§ TASK GOAL
Below are the records. Retype exactly the lines between the lines holding "dirty cs h))" and "any-append-writes p [] ys = refl", inclusive.

[Items listed in a dataset]
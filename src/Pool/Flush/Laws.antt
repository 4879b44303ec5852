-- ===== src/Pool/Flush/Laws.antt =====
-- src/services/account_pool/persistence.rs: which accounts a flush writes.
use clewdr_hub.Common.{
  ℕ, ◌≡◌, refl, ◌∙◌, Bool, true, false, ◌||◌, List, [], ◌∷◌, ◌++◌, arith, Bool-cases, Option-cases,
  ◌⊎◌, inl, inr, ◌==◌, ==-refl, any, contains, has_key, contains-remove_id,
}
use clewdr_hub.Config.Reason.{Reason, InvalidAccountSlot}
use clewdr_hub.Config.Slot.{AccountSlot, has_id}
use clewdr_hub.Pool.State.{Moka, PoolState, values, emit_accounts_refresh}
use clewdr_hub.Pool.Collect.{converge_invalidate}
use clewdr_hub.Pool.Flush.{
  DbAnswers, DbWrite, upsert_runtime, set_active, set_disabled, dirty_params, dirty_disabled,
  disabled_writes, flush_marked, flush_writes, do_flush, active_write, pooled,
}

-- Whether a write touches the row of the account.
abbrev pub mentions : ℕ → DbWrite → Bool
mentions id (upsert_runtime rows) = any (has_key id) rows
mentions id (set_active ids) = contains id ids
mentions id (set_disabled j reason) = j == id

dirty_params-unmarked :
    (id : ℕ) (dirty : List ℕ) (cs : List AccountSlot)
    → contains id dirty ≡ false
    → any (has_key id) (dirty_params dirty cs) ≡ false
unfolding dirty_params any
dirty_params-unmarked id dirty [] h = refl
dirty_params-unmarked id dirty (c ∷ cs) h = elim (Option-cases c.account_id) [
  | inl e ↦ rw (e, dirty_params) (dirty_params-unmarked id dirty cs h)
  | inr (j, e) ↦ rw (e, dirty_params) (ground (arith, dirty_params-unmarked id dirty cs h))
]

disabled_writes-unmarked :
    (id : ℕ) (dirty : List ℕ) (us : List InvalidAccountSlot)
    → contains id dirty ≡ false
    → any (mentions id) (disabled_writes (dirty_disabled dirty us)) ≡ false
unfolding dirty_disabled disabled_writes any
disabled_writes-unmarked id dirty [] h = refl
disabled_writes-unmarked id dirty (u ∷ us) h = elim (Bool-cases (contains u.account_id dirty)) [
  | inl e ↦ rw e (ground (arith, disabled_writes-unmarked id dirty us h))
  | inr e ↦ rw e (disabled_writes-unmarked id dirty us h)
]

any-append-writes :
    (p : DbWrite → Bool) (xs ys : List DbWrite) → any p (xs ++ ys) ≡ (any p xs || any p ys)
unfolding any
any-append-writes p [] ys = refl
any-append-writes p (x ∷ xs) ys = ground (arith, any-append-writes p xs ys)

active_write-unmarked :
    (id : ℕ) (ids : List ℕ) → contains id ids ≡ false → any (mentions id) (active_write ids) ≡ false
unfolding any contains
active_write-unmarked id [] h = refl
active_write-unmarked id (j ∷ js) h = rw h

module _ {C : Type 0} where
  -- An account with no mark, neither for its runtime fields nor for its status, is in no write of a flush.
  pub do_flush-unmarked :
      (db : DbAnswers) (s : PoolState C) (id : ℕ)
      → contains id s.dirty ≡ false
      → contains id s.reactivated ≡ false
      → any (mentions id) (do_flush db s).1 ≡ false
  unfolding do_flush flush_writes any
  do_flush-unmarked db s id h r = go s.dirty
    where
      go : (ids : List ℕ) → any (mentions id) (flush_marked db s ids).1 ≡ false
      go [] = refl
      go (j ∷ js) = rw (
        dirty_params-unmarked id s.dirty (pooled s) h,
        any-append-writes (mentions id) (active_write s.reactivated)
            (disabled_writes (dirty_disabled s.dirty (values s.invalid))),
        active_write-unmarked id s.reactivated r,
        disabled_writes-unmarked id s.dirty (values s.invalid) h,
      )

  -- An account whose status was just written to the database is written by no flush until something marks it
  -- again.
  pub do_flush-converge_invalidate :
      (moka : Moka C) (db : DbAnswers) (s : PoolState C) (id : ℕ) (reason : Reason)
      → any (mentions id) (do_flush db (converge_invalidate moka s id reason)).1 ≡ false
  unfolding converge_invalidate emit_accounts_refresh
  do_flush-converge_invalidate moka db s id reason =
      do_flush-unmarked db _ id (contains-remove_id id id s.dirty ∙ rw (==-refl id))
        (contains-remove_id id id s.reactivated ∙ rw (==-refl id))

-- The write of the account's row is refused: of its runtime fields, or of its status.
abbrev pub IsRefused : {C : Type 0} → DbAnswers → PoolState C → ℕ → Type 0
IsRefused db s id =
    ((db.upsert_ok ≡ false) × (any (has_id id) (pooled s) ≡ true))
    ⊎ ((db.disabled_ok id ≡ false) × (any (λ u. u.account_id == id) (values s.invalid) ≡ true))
...
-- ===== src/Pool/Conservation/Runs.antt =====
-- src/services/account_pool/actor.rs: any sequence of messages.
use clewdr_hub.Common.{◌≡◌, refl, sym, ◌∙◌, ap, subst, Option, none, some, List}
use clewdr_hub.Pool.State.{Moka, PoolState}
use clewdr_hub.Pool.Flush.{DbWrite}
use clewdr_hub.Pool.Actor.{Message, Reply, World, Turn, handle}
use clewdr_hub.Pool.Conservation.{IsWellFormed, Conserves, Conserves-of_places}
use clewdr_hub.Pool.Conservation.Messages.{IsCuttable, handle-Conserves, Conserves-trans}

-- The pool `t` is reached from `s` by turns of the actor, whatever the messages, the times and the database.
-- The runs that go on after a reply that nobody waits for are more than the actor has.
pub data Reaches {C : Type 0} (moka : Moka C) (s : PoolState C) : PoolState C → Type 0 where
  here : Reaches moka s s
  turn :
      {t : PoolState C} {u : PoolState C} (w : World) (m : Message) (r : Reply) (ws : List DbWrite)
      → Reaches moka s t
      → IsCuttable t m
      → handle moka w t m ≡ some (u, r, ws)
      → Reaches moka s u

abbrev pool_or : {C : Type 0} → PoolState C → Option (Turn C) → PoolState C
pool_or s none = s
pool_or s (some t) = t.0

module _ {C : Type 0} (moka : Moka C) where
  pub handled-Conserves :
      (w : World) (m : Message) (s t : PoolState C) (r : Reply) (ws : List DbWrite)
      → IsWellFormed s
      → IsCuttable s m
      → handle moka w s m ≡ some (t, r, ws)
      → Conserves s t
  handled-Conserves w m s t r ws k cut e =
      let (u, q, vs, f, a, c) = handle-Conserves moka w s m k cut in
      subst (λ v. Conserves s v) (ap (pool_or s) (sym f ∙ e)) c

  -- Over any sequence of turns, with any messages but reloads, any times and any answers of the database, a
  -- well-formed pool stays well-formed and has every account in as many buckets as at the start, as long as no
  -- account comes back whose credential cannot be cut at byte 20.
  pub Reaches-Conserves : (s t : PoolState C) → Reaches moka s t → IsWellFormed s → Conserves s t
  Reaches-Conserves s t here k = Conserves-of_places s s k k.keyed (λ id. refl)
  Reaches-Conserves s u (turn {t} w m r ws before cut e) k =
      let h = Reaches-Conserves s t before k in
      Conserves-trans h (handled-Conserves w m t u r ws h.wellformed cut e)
...
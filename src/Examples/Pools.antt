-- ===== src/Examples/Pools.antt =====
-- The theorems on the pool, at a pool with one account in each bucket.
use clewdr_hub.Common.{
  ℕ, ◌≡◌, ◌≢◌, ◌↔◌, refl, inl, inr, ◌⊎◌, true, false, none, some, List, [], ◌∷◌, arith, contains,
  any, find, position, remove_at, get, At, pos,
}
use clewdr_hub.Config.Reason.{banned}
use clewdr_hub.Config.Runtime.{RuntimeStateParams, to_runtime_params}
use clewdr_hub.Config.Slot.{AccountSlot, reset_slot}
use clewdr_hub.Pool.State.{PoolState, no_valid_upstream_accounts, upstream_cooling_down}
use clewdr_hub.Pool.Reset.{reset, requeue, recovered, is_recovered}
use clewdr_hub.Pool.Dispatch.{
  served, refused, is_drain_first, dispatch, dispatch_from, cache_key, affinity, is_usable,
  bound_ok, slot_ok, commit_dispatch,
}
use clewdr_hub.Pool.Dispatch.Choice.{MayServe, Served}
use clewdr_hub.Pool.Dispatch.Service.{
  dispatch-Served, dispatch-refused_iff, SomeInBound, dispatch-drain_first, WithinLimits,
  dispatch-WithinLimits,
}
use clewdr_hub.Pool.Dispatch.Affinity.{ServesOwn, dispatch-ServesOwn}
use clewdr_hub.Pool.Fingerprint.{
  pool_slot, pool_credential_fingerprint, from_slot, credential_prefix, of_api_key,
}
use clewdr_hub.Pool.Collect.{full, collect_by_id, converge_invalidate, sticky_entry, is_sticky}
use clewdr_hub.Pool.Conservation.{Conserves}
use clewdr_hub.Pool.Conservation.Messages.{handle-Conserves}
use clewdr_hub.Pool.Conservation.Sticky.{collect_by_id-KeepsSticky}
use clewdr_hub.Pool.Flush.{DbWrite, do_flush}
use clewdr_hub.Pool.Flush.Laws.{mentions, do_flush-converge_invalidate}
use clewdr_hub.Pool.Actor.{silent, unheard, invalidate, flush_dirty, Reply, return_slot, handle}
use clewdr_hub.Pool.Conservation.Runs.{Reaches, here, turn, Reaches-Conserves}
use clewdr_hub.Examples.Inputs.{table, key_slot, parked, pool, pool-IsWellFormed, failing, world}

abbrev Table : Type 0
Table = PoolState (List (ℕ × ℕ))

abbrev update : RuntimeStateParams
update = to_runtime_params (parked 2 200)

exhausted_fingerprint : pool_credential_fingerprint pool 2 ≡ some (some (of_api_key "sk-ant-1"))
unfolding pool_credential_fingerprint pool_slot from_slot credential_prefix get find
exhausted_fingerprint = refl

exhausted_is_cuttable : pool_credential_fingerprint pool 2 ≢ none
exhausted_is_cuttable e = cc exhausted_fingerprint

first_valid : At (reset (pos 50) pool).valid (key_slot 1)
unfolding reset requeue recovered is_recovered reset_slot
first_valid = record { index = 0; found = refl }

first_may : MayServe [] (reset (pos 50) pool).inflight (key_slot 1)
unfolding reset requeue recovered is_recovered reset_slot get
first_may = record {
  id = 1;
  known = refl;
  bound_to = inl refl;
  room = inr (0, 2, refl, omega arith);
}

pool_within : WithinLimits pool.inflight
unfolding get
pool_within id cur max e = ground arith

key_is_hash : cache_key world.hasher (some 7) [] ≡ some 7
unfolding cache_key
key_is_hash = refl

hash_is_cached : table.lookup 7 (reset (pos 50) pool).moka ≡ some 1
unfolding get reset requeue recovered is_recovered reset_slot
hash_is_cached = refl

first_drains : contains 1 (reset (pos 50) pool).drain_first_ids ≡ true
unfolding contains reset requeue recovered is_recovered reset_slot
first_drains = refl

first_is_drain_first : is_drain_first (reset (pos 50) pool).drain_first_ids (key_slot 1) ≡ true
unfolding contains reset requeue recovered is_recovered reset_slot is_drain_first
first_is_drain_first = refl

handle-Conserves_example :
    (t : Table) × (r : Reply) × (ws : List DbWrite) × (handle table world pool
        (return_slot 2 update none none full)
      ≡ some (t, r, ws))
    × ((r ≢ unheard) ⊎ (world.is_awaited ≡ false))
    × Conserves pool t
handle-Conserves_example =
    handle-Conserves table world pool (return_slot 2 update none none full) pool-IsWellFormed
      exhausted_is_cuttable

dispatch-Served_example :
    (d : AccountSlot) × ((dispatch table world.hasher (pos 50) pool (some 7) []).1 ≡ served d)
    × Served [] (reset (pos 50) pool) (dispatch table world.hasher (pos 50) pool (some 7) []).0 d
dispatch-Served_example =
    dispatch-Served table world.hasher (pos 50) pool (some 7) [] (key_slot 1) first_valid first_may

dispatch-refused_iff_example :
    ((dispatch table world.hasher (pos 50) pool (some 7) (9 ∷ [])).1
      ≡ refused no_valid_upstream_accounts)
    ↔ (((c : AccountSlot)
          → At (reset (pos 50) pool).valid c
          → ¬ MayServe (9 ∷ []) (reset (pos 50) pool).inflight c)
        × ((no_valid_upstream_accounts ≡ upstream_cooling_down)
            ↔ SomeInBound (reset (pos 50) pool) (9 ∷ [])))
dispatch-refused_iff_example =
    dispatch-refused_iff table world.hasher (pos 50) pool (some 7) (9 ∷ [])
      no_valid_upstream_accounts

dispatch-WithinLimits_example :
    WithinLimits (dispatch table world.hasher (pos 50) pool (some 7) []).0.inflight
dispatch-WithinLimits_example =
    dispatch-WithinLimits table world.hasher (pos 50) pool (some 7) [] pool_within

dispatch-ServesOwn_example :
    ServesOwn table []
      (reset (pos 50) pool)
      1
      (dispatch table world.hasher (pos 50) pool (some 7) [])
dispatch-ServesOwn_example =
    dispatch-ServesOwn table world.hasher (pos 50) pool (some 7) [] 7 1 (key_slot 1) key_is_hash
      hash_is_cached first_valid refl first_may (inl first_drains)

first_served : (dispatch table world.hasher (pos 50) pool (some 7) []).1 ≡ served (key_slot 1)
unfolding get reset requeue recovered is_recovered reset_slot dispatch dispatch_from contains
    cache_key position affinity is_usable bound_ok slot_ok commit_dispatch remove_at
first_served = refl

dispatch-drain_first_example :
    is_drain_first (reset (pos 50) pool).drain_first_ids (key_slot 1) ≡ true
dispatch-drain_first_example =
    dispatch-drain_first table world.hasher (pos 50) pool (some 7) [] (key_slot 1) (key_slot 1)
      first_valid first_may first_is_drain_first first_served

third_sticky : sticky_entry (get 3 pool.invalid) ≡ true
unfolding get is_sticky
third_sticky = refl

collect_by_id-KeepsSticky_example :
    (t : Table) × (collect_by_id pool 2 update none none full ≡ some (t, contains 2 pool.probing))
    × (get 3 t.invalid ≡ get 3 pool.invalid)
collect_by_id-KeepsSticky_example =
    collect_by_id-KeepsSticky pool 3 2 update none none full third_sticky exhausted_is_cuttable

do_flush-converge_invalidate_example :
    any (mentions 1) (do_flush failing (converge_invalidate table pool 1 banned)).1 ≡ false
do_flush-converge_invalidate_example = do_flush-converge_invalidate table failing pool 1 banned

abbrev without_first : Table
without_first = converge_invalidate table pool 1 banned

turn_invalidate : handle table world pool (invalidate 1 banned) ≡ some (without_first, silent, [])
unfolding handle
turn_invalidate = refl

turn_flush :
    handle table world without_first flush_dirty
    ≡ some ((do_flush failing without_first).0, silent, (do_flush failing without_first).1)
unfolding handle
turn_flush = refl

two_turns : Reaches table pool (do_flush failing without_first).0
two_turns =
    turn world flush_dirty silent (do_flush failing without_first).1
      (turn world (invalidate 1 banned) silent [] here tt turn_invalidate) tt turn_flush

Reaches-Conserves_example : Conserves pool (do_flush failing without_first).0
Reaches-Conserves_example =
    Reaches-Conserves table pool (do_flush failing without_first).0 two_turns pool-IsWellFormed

§ YOUR RESPONSE
  | inr (j, e) ↦ rw (e, dirty_params) (ground (arith, dirty_params-unmarked id dirty cs h))
]

disabled_writes-unmarked :
    (id : ℕ) (dirty : List ℕ) (us : List InvalidAccountSlot)
    → contains id dirty ≡ false
    → any (mentions id) (disabled_writes (dirty_disabled dirty us)) ≡ false
unfolding dirty_disabled disabled_writes any
disabled_writes-unmarked id dirty [] h = refl
disabled_writes-unmarked id dirty (u ∷ us) h = elim (Bool-cases (contains u.account_id dirty)) [
  | inl e ↦ rw e (ground (arith, disabled_writes-unmarked id dirty us h))
  | inr e ↦ rw e (disabled_writes-unmarked id dirty us h)
]

any-append-writes :
    (p : DbWrite → Bool) (xs ys : List DbWrite) → any p (xs ++ ys) ≡ (any p xs || any p ys)
unfolding any
any-append-writes p [] ys = refl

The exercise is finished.